* [Aim of the task]:
Please transcribe exactly the lines from the one containing "(requested (output_request sent) a _ (λ _. tt) refl refl refl)" through the end of the records below, both included, and nothing else.

* [Dataset entries]:
--- START ---

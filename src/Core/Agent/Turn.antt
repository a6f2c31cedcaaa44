-- ===== src/Core/Agent/Turn.antt =====
-- The calls that one turn of `_step` is made of, and what they do to the agent.
use simple_ai_agent.Common.{
  ℕ, ◌-◌, ◌≡◌, refl, sym, ap, subst, Bool, true, false, not, ◌&&◌, ◌==◌, contains, ltb, eqb, [],
  ◌∷◌, ◌++◌, arith, length, length-append, raise_if, ◌>>◌, Ensures, Bool-cases, Result-cases, inl,
  inr,
}
use simple_ai_agent.Core.Protocol.{Reader}
use simple_ai_agent.Core.Agent.{
  Role, Content, finish_now, retry_empty, Message, said, Request, chat_request, output_request,
  Tools, Llm, Agent, configuration_mismatch, unsupported_api_type, Exit, finished, escaped, Work,
  max_steps, max_empty_retries,
}
use simple_ai_agent.Core.Agent.Transcript.{
  IsTranscript, Awaiting, Awaiting-append, IsAcceptable, messages_with_context-IsTranscript,
}
use simple_ai_agent.Core.Agent.Change.{
  Added, Added-none, Added-one, IsKnown, IsExpected, Change, Change-trans, Turned, Turned-bind,
}
use simple_ai_agent.Core.Agent.Reading.{is_nil, messages_with_context, outputs_of}
use simple_ai_agent.Core.Agent.Loop.{
  add_message, stop, submit_outputs, chat, ask, check_client, remind, retry_if_empty,
}

module _ (tools : Tools) where
  -- A change of the fields that neither requests nor calls stand in.
  pub still :
      (a b : Agent)
      → b.requests ≡ a.requests
      → b.executed ≡ a.executed
      → (IsTranscript a.messages → IsTranscript b.messages)
      → Change tools 0 0 a b
  still a b requests executed kept = record {
    asked = λ start. (
      subst (Added IsAcceptable 0 a.requests) (sym requests) (Added-none IsAcceptable a.requests),
      kept start,
    );
    ran =
        subst (Added (IsKnown tools) 0 a.executed) (sym executed)
          (Added-none (IsKnown tools) a.executed);
    few = omega (arith, ap length requests);
    kept = omega (arith, ap length requests);
  }

  pub add_message-Turned :
      (m : Message) (a : Agent) → IsTranscript (m ∷ []) → Turned tools 0 0 a (add_message m a)
  unfolding add_message Turned Ensures IsTranscript
  add_message-Turned m a fits =
      still a _ refl refl (λ start. Awaiting-append [] a.messages (m ∷ []) start fits)

  pub said-Turned :
      (r : Role) (c : Content) (a : Agent) → Turned tools 0 0 a (add_message (said r c) a)
  unfolding IsTranscript Awaiting
  said-Turned r c a = add_message-Turned (said r c) a tt

  -- A guard that leaves with an expected result.
  guard-Turned :
      (b : Bool) (e : Exit) (a : Agent) → IsExpected e → Turned tools 0 0 a (raise_if b e a)
  unfolding Turned Ensures
  guard-Turned true e a expected = (still a a refl refl (λ start. start), expected)
  guard-Turned false e a expected = still a a refl refl (λ start. start)

  module _ (reader : Reader) (llm : Llm) where
    pub remind-Turned : (n : ℕ) (a : Agent) → Turned tools 0 0 a (remind reader llm tools n a)
    unfolding remind Turned Ensures
    remind-Turned n a = elim (Bool-cases (eqb n (max_steps - 1))) [
      | inl last ↦ rw (remind, last) (said-Turned Role.user (finish_now n) a)
      | inr other ↦ rw (remind, other) (still a a refl refl (λ start. start))
    ]

    pub check_client-Turned : (a : Agent) → Turned tools 0 0 a (check_client reader llm tools a)
    unfolding check_client IsExpected
    check_client-Turned a =
        let api : Work (Unit {0}) =
          raise_if (not (llm.state_api_type == llm.api_type)) (finished configuration_mismatch) in
        let known : Work (Unit {0}) =
          raise_if
            (llm.supports_native_tools
              && not (contains llm.api_type ("chat_completions" ∷ "responses" ∷ [])))
            (finished unsupported_api_type) in
        let fit : Work (Unit {0}) =
          raise_if (llm.supports_native_tools && not llm.tools_fit) escaped in
        Turned-bind tools 0 0 0 0 a api (λ _. known >> fit)
          (guard-Turned (not (llm.state_api_type == llm.api_type)) (finished configuration_mismatch)
            a tt)
          (λ v b c.
            Turned-bind tools 0 0 0 0 b known (λ _. fit)
              (guard-Turned _ (finished unsupported_api_type) b tt)
              (λ w d e. guard-Turned _ escaped d tt))

    -- A request.
    requested :
        (r : Request) (a b : Agent)
        → (IsTranscript a.messages → IsAcceptable r)
        → b.messages ≡ a.messages
        → b.executed ≡ a.executed
        → b.requests ≡ a.requests ++ r ∷ []
        → Change tools 1 0 a b
    requested r a b fits messages executed requests = record {
      asked = λ start. (
        subst (Added IsAcceptable 1 a.requests) (sym requests)
            (Added-one IsAcceptable a.requests r (fits start)),
        subst IsTranscript (sym messages) start,
      );
      ran =
          subst (Added (IsKnown tools) 0 a.executed) (sym executed)
            (Added-none (IsKnown tools) a.executed);
      few = omega (arith, ap length requests, length-append a.requests (r ∷ []));
      kept = omega (arith, ap length requests, length-append a.requests (r ∷ []));
    }

    chat-Turned : (a : Agent) → Turned tools 1 0 a (chat reader llm tools a)
    unfolding chat stop Turned Ensures IsAcceptable IsExpected
    chat-Turned a =
        let n = length a.requests in
        let sent = messages_with_context (llm.runtime_context n) a.messages in
        let done : Change tools 1 0 a
            (record a { requests = a.requests ++ chat_request sent ∷ [] }) =
          requested (chat_request sent) a _
            (messages_with_context-IsTranscript (llm.runtime_context n) a.messages) refl refl
            refl in
        elim (Result-cases (llm.chat n sent)) [
          | inl (reply, fine) ↦ rw (chat, fine) done
          | inr (e, fails) ↦ rw (chat, fails) (done, tt)
        ]

    submit-Turned : (a : Agent) → Turned tools 1 0 a (submit_outputs reader llm tools a)
    unfolding submit_outputs stop Turned Ensures IsAcceptable IsExpected
    submit-Turned a =
        let n = length a.requests in
        let sent = outputs_of a.pending in
        elim (Result-cases (llm.submit_tool_outputs n sent)) [
          | inl (reply, fine) ↦
              rw (submit_outputs, fine)
                (requested (output_request sent) a _ (λ _. tt) refl refl refl)
          | inr (e, fails) ↦
              rw (submit_outputs, fails)
                (requested (output_request sent) a _ (λ _. tt) refl refl refl, tt)
        ]

    pub ask-Turned : (a : Agent) → Turned tools 1 0 a (ask reader llm tools a)
    unfolding ask Turned Ensures
    ask-Turned a = elim (Bool-cases (not (is_nil a.pending) && llm.supports_native_tool_outputs)) [
      | inl outputs ↦ rw (ask, outputs) (submit-Turned a)
      | inr nothing ↦ rw (ask, nothing) (chat-Turned a)
    ]

    -- An empty response.
    pub retry_if_empty-Turned : (a : Agent) → Turned tools 0 0 a (retry_if_empty reader llm tools a)
    unfolding retry_if_empty Turned Ensures IsExpected
    retry_if_empty-Turned a = elim (Bool-cases (ltb a.empty_retry_count max_empty_retries)) [
      | inl again ↦
          rw (retry_if_empty, again)
            (Change-trans tools (said-Turned Role.user (retry_empty llm.supports_native_tools) a)
              (still _ _ refl refl (λ start. start)))
      | inr enough ↦ rw (retry_if_empty, enough) (still a a refl refl (λ start. start), tt)
    ]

--- END ---

* [Written reply]:
                (requested (output_request sent) a _ (λ _. tt) refl refl refl)
          | inr (e, fails) ↦
              rw (submit_outputs, fails)
                (requested (output_request sent) a _ (λ _. tt) refl refl refl, tt)
        ]

    pub ask-Turned : (a : Agent) → Turned tools 1 0 a (ask reader llm tools a)
    unfolding ask Turned Ensures
    ask-Turned a = elim (Bool-cases (not (is_nil a.pending) && llm.supports_native_tool_outputs)) [
      | inl outputs ↦ rw (ask, outputs) (submit-Turned a)
      | inr nothing ↦ rw (ask, nothing) (chat-Turned a)
    ]

    -- An empty response.
    pub retry_if_empty-Turned : (a : Agent) → Turned tools 0 0 a (retry_if_empty reader llm tools a)
    unfolding retry_if_empty Turned Ensures IsExpected
    retry_if_empty-Turned a = elim (Bool-cases (ltb a.empty_retry_count max_empty_retries)) [
      | inl again ↦
          rw (retry_if_empty, again)
            (Change-trans tools (said-Turned Role.user (retry_empty llm.supports_native_tools) a)
              (still _ _ refl refl (λ start. start)))
      | inr enough ↦ rw (retry_if_empty, enough) (still a a refl refl (λ start. start), tt)
    ]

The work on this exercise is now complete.